As a couple therapist, I often remind partners that holiday stress isn’t just about logistics – it’s about emotional energy management. And few topics drain emotional energy faster than politics. If left unaddressed, these stressors can seep into your relationship, leaving partners feeling disconnected, misunderstood, or on edge.
The good news: with intention and awareness, couples can protect their bond and care for their mental well-being – even when the world (or the family table) feels divided. Here are four ways to take care of yourself and your relationship during politically charged holidays:
- Protect Your Peace Before You Enter the Room: Before family gatherings, take a few minutes with your partner to align expectations.

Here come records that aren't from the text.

-- ===== src/Fs/Dir/Entry.antt =====
-- One entry of a directory block (lab4/fs5600.c): what is read of it after it is filled in, and of
-- the others.
use mathlib.Core.List.{append_assoc}
use neu_cs5600_cmpsys.Base.{
  ℕ, ◌+◌, ◌*◌, ◌^◌, ◌≤◌, ◌<◌, ◌≡◌, ◌≢◌, ap, ◌∙◌, ◌⊎◌, inl, inr, [], ◌∷◌, ◌++◌, length,
  length-append, arith, dec_lt, take, drop,
}
use neu_cs5600_cmpsys.Base.Bytes.{Bytes, NoNul, c_string}
use neu_cs5600_cmpsys.Fs.Bitmap.{fs_block_size}
use neu_cs5600_cmpsys.Fs.Block.{write_at, u32, set32, le32, dirent_at, name_of, set_header}
use neu_cs5600_cmpsys.Fs.Block.Layout.{
  u32-set32, u32-set32_other, length-write_at, u32-write_at_other,
}
use neu_cs5600_cmpsys.Fs.Block.Slice.{slice-write_at_other, drop-write_at, c_string-take}
use neu_cs5600_cmpsys.Fs.Dir.{num_dirent_block}

-- Two entries do not overlap.
apart : (j k : ℕ) → j ≢ k → (32 * j + 32 ≤ 32 * k) ⊎ (32 * k + 32 ≤ 32 * j)
apart j k ne = elim (dec_lt j k) [ yes h ↦ inl (omega arith) | no h ↦ inr omega arith ]

module _ (b : Bytes) (k : ℕ) (inside : k < num_dirent_block)
    (whole : length b ≡ fs_block_size) where
  pub header_same :
      (v i : ℕ) → v + 2 * i < 2 ^ 32 → u32 (set_header b k v i) (dirent_at k) ≡ v + 2 * i
  unfolding set_header
  header_same v i h = u32-set32 b (dirent_at k) (v + 2 * i) (omega arith) h

  pub header_other :
      (v i j : ℕ) → j ≢ k → u32 (set_header b k v i) (dirent_at j) ≡ u32 b (dirent_at j)
  unfolding set_header
  header_other v i j ne =
      let far = apart j k ne in
      u32-set32_other b (dirent_at k) (v + 2 * i) (omega arith) (dirent_at j) (omega arith)

  beside : (j : ℕ) → (dirent_at j + 4 + 28 ≤ dirent_at k) ⊎ (dirent_at k + 4 ≤ dirent_at j + 4)
  beside j = elim (dec_lt j k) [ yes h ↦ inl (omega arith) | no h ↦ inr (omega arith) ]

  pub header_name : (v i j : ℕ) → name_of (set_header b k v i) j ≡ name_of b j
  unfolding set_header set32 name_of
  header_name v i j =
      ap c_string
        (slice-write_at_other b (dirent_at k) (le32 (v + 2 * i)) (dirent_at j + 4) 28 (beside j))

  pub name_same :
      (name : Bytes)
      → NoNul name
      → length name < 28
      → name_of (write_at b (dirent_at k + 4) (name ++ 0 ∷ [])) k ≡ name
  unfolding name_of
  name_same name clean short =
      ap (λ (r : Bytes). c_string (take 28 r))
        (drop-write_at b (dirent_at k + 4) (name ++ 0 ∷ [])
          (omega (arith, length-append name (0 ∷ []))))
      ∙ rw append_assoc
          (c_string-take name (drop (dirent_at k + 4 + length (name ++ 0 ∷ [])) b) 28 clean short)

  pub name_other :
      (name : Bytes) (j : ℕ)
      → length name < 28
      → j ≢ k
      → name_of (write_at b (dirent_at k + 4) (name ++ 0 ∷ [])) j ≡ name_of b j
  unfolding name_of
  name_other name j short ne =
      let far = apart j k ne in
      ap c_string (
        slice-write_at_other b (dirent_at k + 4) (name ++ 0 ∷ []) (dirent_at j + 4) 28
          (omega (arith, far, length-append name (0 ∷ []))))

  pub name_header :
      (name : Bytes) (j : ℕ)
      → length name < 28
      → u32 (write_at b (dirent_at k + 4) (name ++ 0 ∷ [])) (dirent_at j) ≡ u32 b (dirent_at j)
  name_header name j short =
      u32-write_at_other b (dirent_at k + 4) (name ++ 0 ∷ []) (dirent_at j)
        (omega (arith, length-append name (0 ∷ [])))
        (elim (dec_lt k j) [
          | yes h ↦ inr (omega (arith, length-append name (0 ∷ [])))
          | no h ↦ inl (omega arith)
        ])

-- The block with entry `k` filled in: the name copied, then `valid` and the inode number set.
abbrev pub filled : Bytes → ℕ → Bytes → ℕ → Bytes
filled b k name i = set_header (write_at b (dirent_at k + 4) (name ++ 0 ∷ [])) k 1 i

module _ (b : Bytes) (k : ℕ) (name : Bytes) (i : ℕ) (inside : k < num_dirent_block)
    (whole : length b ≡ fs_block_size) (clean : NoNul name) (short : length name < 28)
    (narrow : i < 2 ^ 31) where
  abbrev copied : Bytes
  copied = write_at b (dirent_at k + 4) (name ++ 0 ∷ [])

  copied_whole : length copied ≡ fs_block_size
  copied_whole = length-write_at b (dirent_at k + 4) (name ++ 0 ∷ []) ∙ whole

  -- The filled entry is in use, leads to the inode and has the name.
  pub filled_header : u32 (filled b k name i) (dirent_at k) ≡ 1 + 2 * i
  filled_header = header_same copied k inside copied_whole 1 i (omega arith)

  pub filled_name : name_of (filled b k name i) k ≡ name
  filled_name =
      header_name copied k inside copied_whole 1 i k ∙ name_same b k inside whole name clean short

  -- The others are as they were.
  pub filled_header_other :
      (j : ℕ) → j ≢ k → u32 (filled b k name i) (dirent_at j) ≡ u32 b (dirent_at j)
  filled_header_other j ne =
      header_other copied k inside copied_whole 1 i j ne ∙ name_header b k inside whole name j short

  pub filled_name_other : (j : ℕ) → j ≢ k → name_of (filled b k name i) j ≡ name_of b j
  filled_name_other j ne =
      header_name copied k inside copied_whole 1 i j ∙ name_other b k inside whole name j short ne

Decide together what topics you’ll engage in and what you’ll gracefully step away from. Having a shared game plan allows you both to feel supported if any tensions arise.
- Choose Connection Over Convincing: Political differences can easily shift us into debate mode. But relationships thrive on curiosity, not conversion. Focus on listening, validating, and staying grounded in your values rather than trying to change others’ minds. This approach models empathy for your partner and reinforces emotional safety between you both.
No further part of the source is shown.